Village officials used informal social ties and communal trust to obtain credit and facilitate investments. They possessed rich local knowledge, which was a valuable asset for entrepreneurial development. Their knowledge of local soils, farmland quality, the local climate and local markets helped agricultural enterprises plan their production. Sent-down cadres used their knowledge and professions to help villages and households take full advantage of government policies to benefit themselves, such as applying for government subsidies, acquiring training opportunities and collecting market information to facilitate small businesses. These projects had a direct impact on local residents; however, their development was hindered by a lack of resources.

In MT village, S county, grassroots officials included village officials and the FPS from the county bureau of finance.Footnote 58 They invited an entrepreneur, the owner of a farmhouse restaurant in MT village, to promote countryside tourism and e-commerce to reduce poverty. Grassroots officials acted as brokers between local entrepreneurs and villagers. On the one hand, they advised the local entrepreneur to purchase fresh agricultural products such as vegetables, poultry, oil, homemade food and firewood from local peasants for her restaurant.Footnote 59 On the other hand, they persuaded villagers to trust the entrepreneur to supply products to their businesses.Footnote 60 They passed on the restaurant's needs to the peasants to help them arrange farming activities. Upon the request of the restaurant, the peasants delivered fresh products to the restaurant at 9 a.m. the next day and received payments immediately.

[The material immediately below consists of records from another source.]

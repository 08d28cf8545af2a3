-- ===== src/Settings/Address.antt =====
-- Which texts `host, port = REDIS_ADDR.split(":")` and `int(port)` take.
use mathlib.Core.Path.{subst}
use portfolio_engine.Prelude.{
  All, ◌≡◌, refl, sym, ap, ◌∙◌, ◌↔◌, inl, inr, Bool, true, Option, Option-cases, some, none, List,
  [], ◌∷◌, ◌++◌, arith, if◌then◌else◌,
}
use portfolio_engine.Settings.{Text, split, parse_address, is_read}
use portfolio_engine.Settings.Split.{join, Lacks, split-join, split-Lacks, join-split}

-- The text is the host, a colon and the port, without other colons, and the port is a number.
abbrev pub IsAddress : (Text → Bool) → Text → Text × Text → Type 0
IsAddress is_int text (host, port) =
    (text ≡ host ++ b':' ∷ port) × Lacks b':' host × Lacks b':' port × (is_int port ≡ true)

abbrev two_parts : (Text → Bool) → List Text → Option (Text × Text)
two_parts is_int parts = elim parts [
  | host ∷ port ∷ [] ↦ if is_int port then some (host, port) else none
  | _ ↦ none
]

two_parts_iff :
    (is_int : Text → Bool) (parts : List Text) (host port : Text)
    → (two_parts is_int parts ≡ some (host, port))
      ↔ ((parts ≡ host ∷ port ∷ []) × (is_int port ≡ true))
two_parts_iff is_int [] host port = ground arith
two_parts_iff is_int (p ∷ []) host port = ground arith
two_parts_iff is_int (p ∷ q ∷ []) host port = ground arith
two_parts_iff is_int (p ∷ q ∷ r ∷ parts) host port = ground arith

-- The address is read exactly where the text is such a one, and into these parts.
parse_address_iff :
    (is_int : Text → Bool) (text host port : Text)
    → (parse_address is_int text ≡ some (host, port)) ↔ IsAddress is_int text (host, port)
unfolding parse_address
parse_address_iff is_int text host port =
    let (to, back) = two_parts_iff is_int (split b':' text) host port in
    (
      λ e.
          let (parts, i) = to e in
          let (h, (p, _)) = subst (All (Lacks b':')) parts (split-Lacks b':' text) in
          (sym (join-split b':' text) ∙ ap (join b':') parts, h, p, i),
      λ (same, h, p, i).
          back ((ap (split b':') same ∙ split-join b':' host (port ∷ []) (h, (p, tt))), i),
    )

pub is_read_iff :
    (is_int : Text → Bool) (text : Text)
    → (is_read (parse_address is_int text) ≡ true) ↔ ((a : Text × Text) × IsAddress is_int text a)
is_read_iff is_int text = elim (Option-cases (parse_address is_int text)) [
  | inl e ↦ (
    λ h. absurd (ground arith),
    λ ((host, port), a). absurd (ground (arith, (parse_address_iff is_int text host port).1 a)),
  )
  | inr ((host, port), e) ↦
      (λ h. ((host, port), (parse_address_iff is_int text host port).0 e), λ h. rw e refl)
]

With the assistance of grassroots cadres, the project matured and incorporated approximately 30 low-income peasants by the end of 2019. Peasants earned 10–100 yuan for each transaction. A small number of transactions led to a non-trivial outcome. In 2019, the restaurant paid 230,000 yuan to poor households that supplied agricultural products, of which 24 earned more than 5,000 yuan through the project. Some earned as much as 1,000 yuan each month by selling vegetables to the restaurant.Footnote 61 The local entrepreneur managed an e-commerce platform to market peasants’ fresh yields and homemade food. She demonstrated the peasants’ products online and delivered or mailed them to consumers.Footnote 62 In addition, the FPS approached official media and utilized social media to publicize the enterprise.

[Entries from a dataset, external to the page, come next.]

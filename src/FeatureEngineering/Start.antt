-- ===== src/FeatureEngineering/Start.antt =====
-- `main` of feature_engineering/main.py: the address, the connection, the tables, and the loop.
use mathlib.Core.List.{flatten}
use portfolio_engine.Prelude.{
  ℕ, ◌*◌, ◌≤◌, ◌≡◌, refl, ap, ◌∙◌, ◌↔◌, ◌⊎◌, inl, inr, String, Bool, Bool-cases, true, ◌&&◌, Option,
  none, some, List, [], ◌++◌, length, replicate, arith, if◌then◌else◌,
}
use portfolio_engine.Float.{Float}
use portfolio_engine.Database.{pair_key}
use portfolio_engine.Database.Schema.{Catalog}
use portfolio_engine.Tables.{feature_engineering_program}
use portfolio_engine.Tables.Begin.{begins, CanBegin, begins_iff}
use portfolio_engine.Settings.{Text, parse_address, is_read}
use portfolio_engine.Settings.Address.{IsAddress, is_read_iff}
use portfolio_engine.FeatureEngineering.Indicators.{Series}
use portfolio_engine.FeatureEngineering.Stream.{Message, Stored, Consumer, fresh, run}
use portfolio_engine.FeatureEngineering.Reads.{Xread, read_count, consume_loop}
use portfolio_engine.FeatureEngineering.Reads.Ids.{AreIds, IsXread}
use portfolio_engine.FeatureEngineering.Reads.Queue.{streams_of}
use portfolio_engine.FeatureEngineering.Reads.Once.{consume_loop-once}

-- What the start meets: the setting, the attempts to connect, the catalogue, the tables, and what
-- is in the stream at each read.
pub record Boot (F C : Type 0) : Type 0 where
  pub redis_addr : Text
  pub is_int : Text → Bool
  pub attempt : ℕ → Option C
  pub catalog : Catalog
  pub stored : Stored F
  pub streams : List (List Message)

-- The address is a host and a port, one of the ten attempts to connect works, and so do the
-- statements that make the tables.
abbrev pub CanStart : {F C : Type 0} → Boot F C → Type 0
CanStart b =
    ((a : Text × Text) × IsAddress b.is_int b.redis_addr a)
    × CanBegin b.attempt feature_engineering_program b.catalog

module _ {F C : Type 0} ⦃f : Float F⦄ (series : Series F) (parse_float : String → Option F)
    (xread : Xread) where
  -- `none` is an exception before the loop.
  unfoldable pub main : Boot F C → Option (Bool × Consumer F × Stored F)
  main b =
      let looped = consume_loop series parse_float xread b.streams fresh b.stored in
      if is_read (parse_address b.is_int b.redis_addr)
        && begins b.attempt feature_engineering_program b.catalog
      then some looped
      else none

  starts_iff :
      (b : Boot F C)
      → ((is_read (parse_address b.is_int b.redis_addr)
            && begins b.attempt feature_engineering_program b.catalog)
          ≡ true)
        ↔ CanStart b
  starts_iff b =
      let read = is_read_iff b.is_int b.redis_addr in
      let begun = begins_iff b.attempt feature_engineering_program b.catalog in
      (
        λ h. (read.0 (ground arith), begun.0 (ground arith)),
        λ (a, c). let x = read.1 a in let y = begun.1 c in ground arith,
      )

  -- Where Redis gives what it documents and drops none of the messages, and their ids differ from
  -- one another and from "0": in whatever portions the messages arrive between the reads, if at
  -- least a tenth as many reads follow as there are messages, then the service has handled each of
  -- them once and in order, up to the first at which an exception ends it; or it has not come to
  -- the loop, which is so exactly if the address is not a host and a port, if none of the ten
  -- attempts to connect works, or if the statements that make the tables fail.
  pub main_handles_once :
      (b : Boot F C) (arrivals : List (List Message)) (n : ℕ)
      → IsXread xread
      → AreIds (flatten arrivals)
      → length (flatten arrivals) ≤ read_count * n
      → b.streams ≡ streams_of [] (arrivals ++ replicate n [])
      → (CanStart b × (main b ≡ some (run series parse_float (flatten arrivals) fresh b.stored)))
        ⊎ ((¬ CanStart b) × (main b ≡ none))
  unfolding main
  main_handles_once b arrivals n laws ids enough same =
      let guard =
        is_read (parse_address b.is_int b.redis_addr)
        && begins b.attempt feature_engineering_program b.catalog in
      elim (Bool-cases guard) [
        | inl e ↦ inl (
          (starts_iff b).0 e,
          rw e (
              ap (λ streams. some (consume_loop series parse_float xread streams fresh b.stored))
                same
              ∙ ap some
                  (consume_loop-once series parse_float xread arrivals n b.stored laws ids enough)),
        )
        | inr e ↦ inr (λ h. absurd (ground (arith, (starts_iff b).1 h)), rw e refl)
      ]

However, the local entrepreneur's business expansion was hindered by a lack of government investment. According to her, e-commerce projects require the local government to provide a logistics centre to decrease transportation costs.Footnote 63 Grassroots officials barely had political influence on the county government's decision making to solve these problems. The local entrepreneur found the online business to be too energy-consuming and costly, so she paused the project at the end of 2019.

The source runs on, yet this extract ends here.